Und da brauche ich Euren Rat: Was mache ich dann mit der Schlange? Ringelnattern sind geschützt und ich kann sie ja wohl nicht einfach nach draußen setzen bei der Kälte, oder? Gibt es eine Stelle, bei der man solche Tiere abgeben kann? Oder könnte ich das Tier in einem Terrarium halten, bis es draußen wieder warm genug fürs Aussetzen ist? Ich wäre gerne bereit, mich um das Tier zu kümmern bis es wieder in den Garten darf. Aber dafür brauche ich Informationen, worauf ich bei der Haltung achten muss, wovon es sich ernährt, wie das Terrarium für die Winterruhe eingerichtet sein muss. Das würde ich dann alles vorbereiten, bevor ich das Tier einfange.

Und dann noch eine Frage: Ich habe gelesen, dass __ Schlangen gerne in Gruppen Winterruhe halten. Meint Ihr, ich muss damit rechnen, dass es da mehr als ein Exemplar gibt?

Ich habe jetzt fürs erste eine transparente Tüte so mit Kreppband großräumig um das Loch geklebt, dass die Schlange zwar nicht türmen kann, aber genügend Platz und Sauerstoff bleiben, damit sie keinen Schaden nimmt, falls das Loch keinen zweiten Ausgang hat.
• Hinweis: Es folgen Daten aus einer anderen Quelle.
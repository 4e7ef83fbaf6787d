-- ===== src/Etl/Session.antt =====
-- app/database/etl.py, the connection of `run_etl` and one of its stages. A connection is a pair of the
-- committed tables and those of the open transaction; each use of the database takes the next entry of
-- a schedule, which lets it raise an exception before it changes anything.
use inventory_logix_dashboar.Base.{ℕ, String, Bool, false, Option, none, some, List, [], ◌∷◌}
use inventory_logix_dashboar.JobQueue.{PyException, Outcome, returned, raised}
use inventory_logix_dashboar.Etl.{retry_operation, write_state}
use inventory_logix_dashboar.Etl.Dims.{Tables}

-- Only this run writes: requests that write movements while it runs are not modelled, nor what a later stage
-- would then read. `is_locked` says that another run holds the advisory lock.
pub record World : Type 0 where
  pub committed : Tables
  pub working : Tables
  pub faults : List (Option PyException)
  pub is_locked : Bool

abbrev pub M : Type 0 → Type 0
M A = World → Outcome A × World

abbrev pub then_do : {A B : Type 0} → (A → M B) → Outcome A × World → Outcome B × World
then_do k (returned a, w) = k a w
then_do k (raised e, w) = (raised e, w)

infixl 5 ◌>>=◌ ◌>>◌
abbrev pub ◌>>=◌ : {A B : Type 0} → M A → (A → M B) → M B
◌>>=◌ m k w = then_do k (m w)

abbrev pub ◌>>◌ : {A B : Type 0} → M A → M B → M B
m >> k = m >>= λ _. k

abbrev pub pure : {A : Type 0} → A → M A
pure a w = (returned a, w)

-- Take the next entry of the schedule; past its end nothing fails.
abbrev pub next_fault : {A : Type 0} → List (Option PyException) → M A → M A
next_fault [] k w = k w
next_fault (none ∷ faults) k w = k (record w { faults = faults })
next_fault (some e ∷ faults) k w = (raised e, record w { faults = faults })

abbrev pub settle_op : {A : Type 0} → World → Outcome (A × Tables) → Outcome A × World
settle_op w (returned (a, t)) = (returned a, record w { working = t })
settle_op w (raised e) = (raised e, w)

-- One use of the database on the open transaction
unfoldable pub use_db : {A : Type 0} → (Tables → Outcome (A × Tables)) → M A
use_db op w = next_fault w.faults (λ (v : World). settle_op v (op v.working)) w

-- `conn.commit()`
unfoldable pub commit : M (Unit {0})
commit w = next_fault w.faults (λ (v : World). (returned tt, record v { committed = v.working })) w

-- `conn.rollback()`, whose own errors are dropped
unfoldable pub rollback : World → World
rollback w = record w { working = w.committed }

abbrev pub fallen : {A : Type 0} → PyException → Option (Outcome A) → Outcome A
fallen e none = raised e
fallen e (some o) = o

abbrev pub never_ran : PyException
never_ran = record { class_name = ""; message = ""; is_connection_error = false }

-- `_retry_operation(operation)` with its defaults; with three retries it never falls out of its loop.
unfoldable pub with_retry : {A : Type 0} → M A → M A
with_retry op w = let r = retry_operation op 3 1 10 w in (fallen never_ran r.outcome, r.world)

abbrev pub rolled_back : {A : Type 0} → Outcome A × World → Outcome A × World
rolled_back (returned a, w) = (returned a, w)
rolled_back (raised e, w) = (raised e, rollback w)

unfoldable pub set_state : String → ℕ → Tables → Outcome (Unit {0} × Tables)
set_state key value t = returned (tt, record t { etl_state = write_state key value t.etl_state })

unfoldable pub stage_body : {A : Type 0} → (Tables → Outcome (A × Tables)) → ℕ → M A
unfolding with_retry set_state
stage_body op id = do
  a ← with_retry (use_db op)
  use_db (set_state "last_movement_id" id)
  commit
  pure a

-- A stage: the operation with retries, the watermark, the commit; and a rollback if any of them raises.
unfoldable pub stage : {A : Type 0} → (Tables → Outcome (A × Tables)) → ℕ → M A
unfolding rollback stage_body
stage op id w = rolled_back (stage_body op id w)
Das ist eine wirklich verrückte Sache – für Euren Rat wäre ich von Herzen dankbar!

Herzliche Grüße
Kathrin 

PS: Selbstverständlich mache ich Fotos, sobald ich die Gelegenheit bekomme!


----------



## Tanny (20. Jan. 2017)

Hallo Kathrin, 
leider kann ich Dir zum Thema so überhaupt keinen Rat geben. 
Wirklich außergewöhnlich. 

Vielleicht könntest Du mal eroieren, welche Umweltschutzverbände bei EUch in der Gegend ansässig sind und dort denn erfragen, ob und wenn ja wen es unter den Mitgliedern gibt, der sich mit regionalen Reptilien auskennt. Den würde ich dan mal direkt kontaktieren und das besprechen. 

LG
Kirstin


----------



## Christine (20. Jan. 2017)

Hallo Kathrin,

ich gehe mal davon aus, dass Dein Haus - auch ohne Keller - diverse Öffnungen nach Aussen hat. Früher hat man ja anders gebaut und nicht erstmal eine Betonplatte gegossen so wie heute. Wenn ich die Fotos von Deinem Haus richtig sehe, hast Du unten eine Reihe Granitquader? Die liegen garantiert nicht komplett unter der gesamten Fläche. Und meisten liegt der Fußboden auch nicht direkt auf dem Sand. Wenn Du Dielenboden hast, hast Du darunter auch Hohlräume ohne Ende. 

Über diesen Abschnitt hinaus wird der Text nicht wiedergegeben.